Cardiff Quins RFC
- Full name: Cardiff Quins Rugby Football Club
- Nickname: Cardiff Harlequins
- Founded: 1928
- Location: Cardiff, Wales
- Ground: Diamond Ground
- President: Phil Judd
- Coach(es): Andrew Price, Mark Wysocki, Chadd Mutyambizi, Paul Newman
- League: WRU Division Four East
- 2011/12: 1st
| Team kit |

Official website
- www.chsobrfc.co.uk

= Cardiff Quins RFC =

Welsh rugby union club

Cardiff Quins Rugby Football Club is a Welsh rugby union club based in Cardiff in Wales. The club is a member of the Welsh Rugby Union and is a feeder club for the Cardiff Blues.

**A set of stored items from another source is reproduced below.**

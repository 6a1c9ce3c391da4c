-- ===== src/Network/Node/Single.antt =====
-- A registration, and the cleaner, leave no two living peers at the same place.
use forgechain.Prelude.{
  ℕ, ◌<◌, ◌≡◌, ◌≢◌, refl, sym, ◌∙◌, subst, Bool, true, false, ◌||◌, Bool-cases, inl, inr,
  Option-cases, List, [], ◌∷◌, ◌++◌, Bytes, bytes_eq_iff, All, All-append, length, length-append,
  arith,
}
use forgechain.Network.Handshake.{VersionInfo}
use forgechain.Network.Node.State.{Peer, PeerEntry, Node, alive_in}
use forgechain.Network.Node.Peers.{
  is_at, at_in, connected_in, find_duplicate, keep_new, settle_duplicate, living,
}
use forgechain.Network.Node.Connections.{
  IsSingle, IsConnections, IsConnections-later, mark_dead-IsLater, at_in-append, at_in-append_last,
  find_duplicate-none, find_duplicate-killed,
}

-- Nobody is at the place of a peer that listens.
abbrev pub IsFree : List Peer → List PeerEntry → Bytes → ℕ → Type 0
IsFree heap entries host port = port ≢ 0 → connected_in heap host port entries ≡ false

module _ (heap : List Peer) (x : Peer) (outbound : Bool) where
  abbrev entry_of : PeerEntry
  entry_of = record { peer = length heap; is_outbound = outbound }

  connected_in-push :
      (host : Bytes) (port : ℕ) (entries : List PeerEntry)
      → All (λ entry. entry.peer < length heap) entries
      → connected_in (heap ++ x ∷ []) host port (entries ++ entry_of ∷ [])
        ≡ (connected_in heap host port entries || is_at host port x)
  unfolding connected_in
  connected_in-push host port [] h = ground (arith, at_in-append_last heap x host port)
  connected_in-push host port (entry ∷ entries) (h, hs) =
      ground
        (arith, at_in-append heap x host port entry.peer h, connected_in-push host port entries hs)

  is_at-place :
      (host : Bytes) (port : ℕ)
      → is_at host port x ≡ true
      → (host ≡ x.host) × (port ≡ x.remote_version.listen_port)
  is_at-place host port h = ground (arith, bytes_eq_iff x.host host)

  elsewhere :
      (host : Bytes) (port : ℕ) (entry : PeerEntry) (entries : List PeerEntry)
      → at_in heap host port entry.peer ≡ true
      → port ≢ 0
      → IsFree heap (entry ∷ entries) x.host x.remote_version.listen_port
      → is_at host port x ≡ false
  unfolding connected_in
  elsewhere host port entry entries at pos free = elim (Bool-cases (is_at host port x)) [
    | inr away ↦ away
    | inl hit ↦
        let (same_host, same_port) = is_at-place host port hit in
        let there : at_in heap x.host x.remote_version.listen_port entry.peer ≡ true =
          subst (λ h. at_in heap h x.remote_version.listen_port entry.peer ≡ true) same_host
            (subst (λ n. at_in heap host n entry.peer ≡ true) same_port at) in
        let taken = free (subst (λ n. n ≢ 0) same_port pos) in ground (arith, there, taken)
  ]

  IsSingle-push :
      (entries : List PeerEntry)
      → All (λ entry. entry.peer < length heap) entries
      → IsFree heap entries x.host x.remote_version.listen_port
      → IsSingle heap entries
      → IsSingle (heap ++ x ∷ []) (entries ++ entry_of ∷ [])
  unfolding connected_in
  IsSingle-push [] placed free s = (λ host port at pos. refl, tt)
  IsSingle-push (entry ∷ entries) (p, ps) free (s, ss) = (
    λ host port at pos.
        let was : at_in heap host port entry.peer ≡ true =
          sym (at_in-append heap x host port entry.peer p) ∙ at in
        connected_in-push host port entries ps
        ∙ ground (arith, s host port was pos, elsewhere host port entry entries was pos free),
    IsSingle-push entries ps (λ pos. ground (arith, free pos)) ss,
  )

  placed-push :
      (entries : List PeerEntry)
      → All (λ entry. entry.peer < length heap) entries
      → All (λ entry. entry.peer < length (heap ++ x ∷ [])) entries
  placed-push [] h = tt
  placed-push (entry ∷ entries) (h, hs) =
      (omega (arith, length-append heap (x ∷ [])), placed-push entries hs)

  pub IsConnections-push :
      (entries : List PeerEntry)
      → IsFree heap entries x.host x.remote_version.listen_port
      → IsConnections heap entries
      → IsConnections (heap ++ x ∷ []) (entries ++ entry_of ∷ [])
  IsConnections-push entries free c = record {
    placed =
        All-append (λ entry. entry.peer < length (heap ++ x ∷ [])) entries (entry_of ∷ [])
          (placed-push entries c.placed) (omega (arith, length-append heap (x ∷ [])), tt);
    single = IsSingle-push entries c.placed free c.single;
  }

-- What `settle_duplicate` leaves when it accepts.
pub settle_duplicate-frees :
    (host : Bytes) (incoming : VersionInfo) (is_outbound : Bool) (node : Node)
    → IsConnections node.heap node.peers
    → let settled = settle_duplicate host incoming is_outbound node in
      IsConnections settled.1.heap settled.1.peers
      × (settled.0 ≡ true → IsFree settled.1.heap settled.1.peers host incoming.listen_port)
unfolding settle_duplicate
settle_duplicate-frees host incoming is_outbound node c =
    elim (Option-cases (find_duplicate node.heap host incoming.listen_port node.peers)) [
      | inl fresh ↦
          rw (settle_duplicate, fresh)
            (
              c,
              λ _ pos. find_duplicate-none node.heap host incoming.listen_port node.peers pos fresh,
            )
      | inr (p, found) ↦
          elim (Bool-cases (keep_new node.info.node_id incoming.node_id is_outbound)) [
            | inl keep ↦
                rw (settle_duplicate, found, keep)
                  (
                    IsConnections-later node.heap _ (mark_dead-IsLater p node) node.peers c,
                    λ _ _.
                        find_duplicate-killed node.heap host incoming.listen_port p node.peers
                          c.single found,
                  )
            | inr drop ↦ rw (settle_duplicate, found, drop) (c, λ h. cc)
          ]
    ]

living-connected :
    (heap : List Peer) (host : Bytes) (port : ℕ) (entries : List PeerEntry)
    → connected_in heap host port entries ≡ false
    → connected_in heap host port (living heap entries) ≡ false
unfolding connected_in living
living-connected heap host port [] h = refl
living-connected heap host port (entry ∷ entries) h =
    ground (arith, living-connected heap host port entries)

pub living-IsConnections :
    (heap : List Peer) (entries : List PeerEntry)
    → IsConnections heap entries
    → IsConnections heap (living heap entries)
unfolding living
living-IsConnections heap [] c = c
living-IsConnections heap (entry ∷ entries) c =
    let rest =
      living-IsConnections heap entries (record { placed = c.placed.1; single = c.single.1 }) in
    elim (Bool-cases (alive_in heap entry.peer)) [
      | inl alive ↦ rw alive (record {
        placed = (c.placed.0, rest.placed);
        single = (
          λ host port at pos. living-connected heap host port entries (c.single.0 host port at pos),
          rest.single,
        );
      })
      | inr dead ↦ rw dead rest
    ]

Cardiff Quins RFC owe their creation from student pressure to play the game of rugby in Cardiff High School where football (soccer) had been the sport of choice. In 1921 a rugby game was played between the Old Boys and a school XV. They played for two seasons but were disbanded after the loss of their playing field.

In 1928 the team was reformed when a new playing ground was made available, and it is this date that the team take as their founding year. Their first match was surprisingly against the far more experienced and grounded Cardiff RFC at the Cardiff Arms Park. As with all clubs in Wales the team disbanded during both World War periods but have been playing continuously from 1928. Originally the club only selected former students from Cardiff High School, but open membership was allowed in 1966.